● **EXERCISE REQUIREMENTS**
Below are the records. Gather each line that holds "further".

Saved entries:

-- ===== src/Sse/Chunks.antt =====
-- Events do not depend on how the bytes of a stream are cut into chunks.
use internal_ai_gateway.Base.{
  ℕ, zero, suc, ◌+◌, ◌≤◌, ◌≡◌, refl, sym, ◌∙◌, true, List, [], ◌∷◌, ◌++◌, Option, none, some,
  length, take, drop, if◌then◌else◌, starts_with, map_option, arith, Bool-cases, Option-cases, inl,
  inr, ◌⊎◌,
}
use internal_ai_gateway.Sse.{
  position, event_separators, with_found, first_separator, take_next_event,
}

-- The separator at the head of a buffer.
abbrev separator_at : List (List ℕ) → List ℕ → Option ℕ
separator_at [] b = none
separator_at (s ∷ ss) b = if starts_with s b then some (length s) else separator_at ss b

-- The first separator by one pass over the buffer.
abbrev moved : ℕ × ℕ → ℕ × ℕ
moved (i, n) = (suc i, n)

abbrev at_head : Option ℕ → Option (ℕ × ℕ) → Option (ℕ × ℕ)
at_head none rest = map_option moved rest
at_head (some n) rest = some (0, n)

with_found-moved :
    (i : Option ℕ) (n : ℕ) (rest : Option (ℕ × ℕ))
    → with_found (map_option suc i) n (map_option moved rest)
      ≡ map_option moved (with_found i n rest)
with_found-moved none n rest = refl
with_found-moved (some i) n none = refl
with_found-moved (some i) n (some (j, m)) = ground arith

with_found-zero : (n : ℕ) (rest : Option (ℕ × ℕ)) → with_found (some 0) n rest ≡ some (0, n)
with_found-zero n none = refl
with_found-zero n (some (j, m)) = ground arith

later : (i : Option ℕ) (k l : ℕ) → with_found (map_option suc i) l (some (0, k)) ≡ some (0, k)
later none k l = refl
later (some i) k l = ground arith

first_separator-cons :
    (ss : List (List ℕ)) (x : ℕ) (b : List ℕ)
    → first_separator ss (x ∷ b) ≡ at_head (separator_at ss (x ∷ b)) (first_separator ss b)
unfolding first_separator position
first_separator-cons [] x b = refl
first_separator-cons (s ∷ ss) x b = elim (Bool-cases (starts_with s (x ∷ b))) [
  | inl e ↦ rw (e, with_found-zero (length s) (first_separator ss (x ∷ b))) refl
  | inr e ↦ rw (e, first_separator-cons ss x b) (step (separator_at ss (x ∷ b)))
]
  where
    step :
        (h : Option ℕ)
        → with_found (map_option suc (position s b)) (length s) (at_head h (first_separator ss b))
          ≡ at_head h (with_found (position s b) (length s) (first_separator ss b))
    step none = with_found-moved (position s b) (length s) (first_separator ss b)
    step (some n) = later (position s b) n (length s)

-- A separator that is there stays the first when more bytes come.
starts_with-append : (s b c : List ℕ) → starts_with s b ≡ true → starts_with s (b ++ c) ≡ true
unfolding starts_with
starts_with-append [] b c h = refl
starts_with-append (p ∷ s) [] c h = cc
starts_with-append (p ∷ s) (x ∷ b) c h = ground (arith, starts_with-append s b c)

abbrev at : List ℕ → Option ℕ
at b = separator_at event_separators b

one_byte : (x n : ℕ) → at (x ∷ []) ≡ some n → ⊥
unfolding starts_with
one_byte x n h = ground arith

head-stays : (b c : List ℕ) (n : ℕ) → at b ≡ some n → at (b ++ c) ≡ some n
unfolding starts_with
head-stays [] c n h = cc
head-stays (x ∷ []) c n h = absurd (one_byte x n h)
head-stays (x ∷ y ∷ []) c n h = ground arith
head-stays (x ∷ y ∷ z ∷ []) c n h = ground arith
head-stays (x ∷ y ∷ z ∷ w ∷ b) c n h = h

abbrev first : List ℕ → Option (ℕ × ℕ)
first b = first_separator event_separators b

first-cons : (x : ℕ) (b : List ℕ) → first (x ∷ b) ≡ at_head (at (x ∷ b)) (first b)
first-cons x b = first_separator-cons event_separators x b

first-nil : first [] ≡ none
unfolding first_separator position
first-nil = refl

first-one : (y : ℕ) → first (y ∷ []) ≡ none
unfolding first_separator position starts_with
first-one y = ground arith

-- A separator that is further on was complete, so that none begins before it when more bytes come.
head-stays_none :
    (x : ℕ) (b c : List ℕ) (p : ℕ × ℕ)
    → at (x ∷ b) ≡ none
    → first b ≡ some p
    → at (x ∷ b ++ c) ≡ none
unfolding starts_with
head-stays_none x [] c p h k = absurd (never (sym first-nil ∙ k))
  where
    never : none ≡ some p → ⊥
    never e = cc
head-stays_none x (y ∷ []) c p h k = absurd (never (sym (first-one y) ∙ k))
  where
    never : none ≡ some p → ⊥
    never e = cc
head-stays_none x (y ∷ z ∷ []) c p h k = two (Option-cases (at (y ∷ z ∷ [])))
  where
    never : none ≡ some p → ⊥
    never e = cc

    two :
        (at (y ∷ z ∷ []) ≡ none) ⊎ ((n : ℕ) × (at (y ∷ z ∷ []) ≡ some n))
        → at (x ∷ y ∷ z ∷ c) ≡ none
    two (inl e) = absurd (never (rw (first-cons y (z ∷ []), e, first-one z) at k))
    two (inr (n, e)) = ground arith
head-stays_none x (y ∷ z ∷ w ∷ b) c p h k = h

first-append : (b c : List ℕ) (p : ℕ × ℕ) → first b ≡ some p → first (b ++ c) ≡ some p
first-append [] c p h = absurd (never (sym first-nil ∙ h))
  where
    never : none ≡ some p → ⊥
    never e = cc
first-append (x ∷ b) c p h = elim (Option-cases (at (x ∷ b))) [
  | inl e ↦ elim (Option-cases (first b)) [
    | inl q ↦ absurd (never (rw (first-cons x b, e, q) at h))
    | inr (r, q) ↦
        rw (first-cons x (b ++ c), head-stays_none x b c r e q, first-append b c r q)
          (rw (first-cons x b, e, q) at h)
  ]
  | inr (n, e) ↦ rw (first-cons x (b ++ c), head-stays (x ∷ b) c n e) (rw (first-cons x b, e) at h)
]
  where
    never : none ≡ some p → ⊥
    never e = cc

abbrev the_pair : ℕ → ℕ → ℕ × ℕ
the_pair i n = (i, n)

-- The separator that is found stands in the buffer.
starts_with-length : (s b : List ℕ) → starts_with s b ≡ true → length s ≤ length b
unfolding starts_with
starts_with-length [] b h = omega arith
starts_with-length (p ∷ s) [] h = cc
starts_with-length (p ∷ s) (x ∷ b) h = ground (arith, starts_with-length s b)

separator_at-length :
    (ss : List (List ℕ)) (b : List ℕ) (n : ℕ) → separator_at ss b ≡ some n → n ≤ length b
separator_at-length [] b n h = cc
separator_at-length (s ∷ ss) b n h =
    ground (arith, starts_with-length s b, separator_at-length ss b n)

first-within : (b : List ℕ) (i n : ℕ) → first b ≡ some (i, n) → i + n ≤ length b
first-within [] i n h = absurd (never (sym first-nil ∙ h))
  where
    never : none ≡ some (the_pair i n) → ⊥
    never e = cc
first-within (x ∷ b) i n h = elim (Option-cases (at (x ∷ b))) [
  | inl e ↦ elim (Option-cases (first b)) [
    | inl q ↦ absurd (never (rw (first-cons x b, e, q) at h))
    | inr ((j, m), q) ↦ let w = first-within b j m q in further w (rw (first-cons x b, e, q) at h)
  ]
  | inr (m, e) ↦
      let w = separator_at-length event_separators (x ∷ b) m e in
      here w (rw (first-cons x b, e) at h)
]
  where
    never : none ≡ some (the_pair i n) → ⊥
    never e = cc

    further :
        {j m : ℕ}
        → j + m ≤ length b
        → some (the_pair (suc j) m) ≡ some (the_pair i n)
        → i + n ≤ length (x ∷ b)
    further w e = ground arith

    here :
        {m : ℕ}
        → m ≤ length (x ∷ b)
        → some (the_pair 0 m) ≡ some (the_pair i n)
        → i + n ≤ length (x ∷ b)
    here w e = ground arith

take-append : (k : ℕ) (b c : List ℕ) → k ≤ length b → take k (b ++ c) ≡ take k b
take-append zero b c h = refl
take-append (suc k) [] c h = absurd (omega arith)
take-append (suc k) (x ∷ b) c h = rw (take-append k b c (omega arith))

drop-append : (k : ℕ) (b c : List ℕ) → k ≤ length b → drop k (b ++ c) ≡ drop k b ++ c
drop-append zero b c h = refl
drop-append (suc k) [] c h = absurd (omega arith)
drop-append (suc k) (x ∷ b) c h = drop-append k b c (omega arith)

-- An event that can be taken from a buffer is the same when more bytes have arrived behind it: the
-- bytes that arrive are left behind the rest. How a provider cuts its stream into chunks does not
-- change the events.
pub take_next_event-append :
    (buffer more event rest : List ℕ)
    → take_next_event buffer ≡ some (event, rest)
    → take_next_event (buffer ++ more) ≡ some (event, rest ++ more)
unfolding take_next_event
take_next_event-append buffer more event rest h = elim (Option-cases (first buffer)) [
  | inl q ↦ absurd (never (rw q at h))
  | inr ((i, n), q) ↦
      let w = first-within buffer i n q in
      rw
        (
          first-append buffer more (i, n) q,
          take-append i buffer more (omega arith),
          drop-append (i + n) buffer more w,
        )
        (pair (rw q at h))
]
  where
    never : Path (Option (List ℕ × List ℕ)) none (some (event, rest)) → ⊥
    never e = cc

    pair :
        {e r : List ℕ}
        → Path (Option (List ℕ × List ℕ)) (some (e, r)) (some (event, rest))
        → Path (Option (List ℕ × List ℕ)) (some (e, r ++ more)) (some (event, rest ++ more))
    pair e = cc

● **THE COMPLETED TASK**
-- A separator that is further on was complete, so that none begins before it when more bytes come.
    | inr ((j, m), q) ↦ let w = first-within b j m q in further w (rw (first-cons x b, e, q) at h)
    further :
    further w e = ground arith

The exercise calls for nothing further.